UN-Experten wollen Internationales Tribunal für Nordkoreas Verbrechen
Pjöngjang (APA/dpa) - Die zahlreichen Menschenrechtsverletzungen in Nordkorea sollten laut Ansicht von UN-Experten vor ein Internationales T...
Pjöngjang (APA/dpa) - Die zahlreichen Menschenrechtsverletzungen in Nordkorea sollten laut Ansicht von UN-Experten vor ein Internationales Tribunal gebracht werden. „Die Opfer sehnen sich seit langem nach der Wahrheit und Gerechtigkeit“, sagte eine UN-Expertin am Montag vor dem UN-Menschenrechtsrat in Genf.
Ermittlungen haben seit 2014 systematische Grausamkeiten ans Licht gebracht. Unter anderem sind Versklavungen, Massenverhaftungen, Entführungen und Tötungen festgestellt worden.

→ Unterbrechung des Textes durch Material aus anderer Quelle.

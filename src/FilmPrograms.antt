-- ===== src/FilmPrograms.antt =====
-- C_Primer_Plus/ADT/films.c, on the list of list.c, and C_Primer_Plus/Data_Representation/films.c and
-- films_malloc.c, on an array: a user types films, and the program shows them. Standard input is what
-- is still to be read, without NUL bytes; a program that reads on behind its end, which all of them do for
-- a last line without a newline, never ends: `none`, as is the use of a rating that has not been set.
-- `fgets`, `getchar` and `scanf` return what is documented.
pub mod Reading
pub mod Keeping
pub mod Listed
pub mod Arrayed
use computer_science.Prelude.{
  ℕ, zero, suc, ◌+◌, ◌-◌, Bool, true, false, List, [], ◌∷◌, ◌++◌, Option, none, some, ltb, ◌==◌,
  ◌>>=◌, if◌then◌else◌, length,
}
use computer_science.Prelude.Int.{ℤ, pos, negsuc}
use computer_science.Text.{Text, newline, split_at}
use computer_science.Text.Decimal.Scanning.{scan_int}
use computer_science.FilmList.{
  Film, Heap, Allocator, initialize_list, list_is_empty, list_is_full, list_item_count, add_item,
  traverse, empty_the_list,
}

abbrev pub tsize : ℕ
tsize = 45

-- What is printed
pub data Line : Type 0 where
  how_many : Line
  first_title : Line
  ask_rating : Line
  next_title : Line
  now_full : Line
  no_memory : Line
  problem : Line
  no_data : Line
  header : Line
  movie : (film : Film) → Line
  entered : (count : ℕ) → Line
  bye : Line

-- At most `n` bytes, up to a newline
unfoldable pub read_bytes : ℕ → Text → Text × Text
read_bytes zero input = ([], input)
read_bytes (suc n) [] = ([], [])
read_bytes (suc n) (c ∷ input) =
    let more = read_bytes n input in if c == newline then (c ∷ [], input) else (c ∷ more.0, more.1)

unfoldable pub fgets : ℕ → Text → Option (Text × Text)
unfolding read_bytes
fgets size [] = none
fgets size (c ∷ input) = some (read_bytes (size - 1) (c ∷ input))

-- `while (getchar() != '\n') continue;`
unfoldable pub discard_line : Text → Option Text
discard_line [] = none
discard_line (c ∷ input) =
    let more = discard_line input in if c == newline then some input else more

-- The end of `s_gets`, for what `strchr` finds in the string
unfoldable pub cut_line : Text → Text → Option (Text × Text) → Option (Text × Text)
unfolding discard_line
cut_line st input none = discard_line input >>= λ rest. some (st, rest)
cut_line st input (some (before, behind)) = some (before, input)

unfoldable pub finish_line : Text × Text → Option (Text × Text)
unfolding cut_line split_at
finish_line (st, input) = cut_line st input (split_at newline st)

unfoldable pub s_gets : ℕ → Text → Option (Option Text × Text)
unfolding fgets finish_line
s_gets n input = elim (fgets n input) [
  | none ↦ some (none, input)
  | some got ↦ finish_line got >>= λ (line, rest). some (some line, rest)
]

-- What the variable of a `scanf` holds behind it, out of what it held before
abbrev pub or_else : Option ℤ → Option ℤ → Option ℤ
or_else none before = before
or_else (some z) before = some z

-- The loop that reads films, round by round, ends with what was printed, the list and the heap.
abbrev pub Gathered : Type 0
Gathered = List Line × ℕ × Heap

-- What a round does with the result of AddItem; `again` is the next round.
unfoldable pub added :
    Allocator
    → (Text → Option ℤ → ℕ → Heap → Option Gathered)
    → Text
    → ℤ
    → Bool × ℕ × Heap
    → Option Gathered
unfolding list_is_full
added a again input value (ok, movies, h) =
    let more : Option Gathered = do
      (lines, movies2, h2) ← again input (some value) movies h
      some (ask_rating ∷ next_title ∷ lines, movies2, h2)
    in let room : Option Gathered =
        if list_is_full a h then some (ask_rating ∷ now_full ∷ [], movies, h) else more in
      if ok then room else some (ask_rating ∷ problem ∷ [], movies, h)

-- A round of the loop behind its condition. `malloc` is called by AddItem and then by ListIsFull, and what it
-- returns may differ from call to call: `calls` is how it behaves at each call, the next one first.
unfoldable pub store_film :
    (ℕ → Allocator)
    → ℕ
    → (Text → Option ℤ → ℕ → Heap → Option Gathered)
    → Text
    → Text
    → Option ℤ
    → ℕ
    → Heap
    → Option Gathered
unfolding discard_line scan_int add_item added
store_film calls passes again title input rating movies h = do
  (scanned, rest) ← scan_int input
  input2 ← discard_line rest
  value ← or_else scanned rating
  result ← add_item (calls 0) passes (record { title = title; rating = value }) movies h
  added (calls 1) again input2 value result

unfoldable pub gather_title :
    (ℕ → Allocator)
    → ℕ
    → (Text → Option ℤ → ℕ → Heap → Option Gathered)
    → Option Text
    → Text
    → Option ℤ
    → ℕ
    → Heap
    → Option Gathered
unfolding store_film
gather_title calls passes again none input rating movies h = some ([], movies, h)
gather_title calls passes again (some []) input rating movies h = some ([], movies, h)
gather_title calls passes again (some (c ∷ title)) input rating movies h =
    store_film calls passes again (c ∷ title) input rating movies h

-- The calls of a round that are behind one more film
abbrev pub later : (ℕ → Allocator) → ℕ → Allocator
later calls i = calls (suc (suc i))

-- `passes` is the fuel of the loops of list.c.
unfoldable pub gather : (ℕ → Allocator) → ℕ → ℕ → Text → Option ℤ → ℕ → Heap → Option Gathered
unfolding gather_title s_gets
gather calls passes zero input rating movies h = none
gather calls passes (suc fuel) input rating movies h = do
  (title, rest) ← s_gets tsize input
  gather_title calls passes
      (λ input2 value movies2 h2. gather (later calls) passes fuel input2 value movies2 h2) title
      rest rating movies h

-- The display
unfoldable pub display : ℕ → ℕ → Heap → Option (List Line)
unfolding list_is_empty traverse
display fuel movies h =
    let shown : Option (List Line) =
      traverse fuel h movies (λ film shown. shown ++ movie film ∷ []) [] >>= λ shown.
      some (header ∷ shown) in
    if list_is_empty movies then some (no_data ∷ []) else shown

-- What stands behind the loop
unfoldable pub show_and_free : ℕ → Gathered → Option (List Line × Heap)
unfolding display list_item_count empty_the_list
show_and_free fuel (lines, movies, h) = do
  shown ← display fuel movies h
  count ← list_item_count fuel h movies
  (movies2, h2) ← empty_the_list fuel movies h
  some (first_title ∷ lines ++ shown ++ entered count ∷ bye ∷ [], h2)

-- `main` of ADT/films.c: what it prints, and the heap that it leaves.
unfoldable pub main : (ℕ → Allocator) → ℕ → Text → Heap → Option (List Line × Heap)
unfolding gather initialize_list list_is_full show_and_free
main calls fuel input h =
    let run =
      gather (λ i. calls (suc i)) fuel fuel input none initialize_list h >>= show_and_free fuel in
    if list_is_full (calls 0) h then some (no_memory ∷ [], h) else run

Der UN-Sicherheitsrat hat bisher aber keine strafrechtlichen Schritte eingeleitet.
Die Grundlage für künftige Prozesse müsse jetzt gelegt werden, hieß es. In Zeiten steigender Spannungen im Nordosten Asiens dürften die Menschenrechte nicht vergessen werden.
Im Gegensatz zum UN-Sicherheitsrat in New York kann der Menschenrechtsrat keine Straftaten vor den Internationalen Strafgerichtshofs in Den Haag bringen. Doch selbst wenn es soweit kommen sollte, wäre das Gericht mit der großen Anzahl nordkoreanischer Verdächtigen überfordert, meinten die UN-Experten. Die Mitgliedsländer sollten deshalb in Betracht ziehen, ein ergänzendes Tribunal einzusetzen. Dies solle unter anderem als „Abschreckung für künftige Straftaten“ dienen.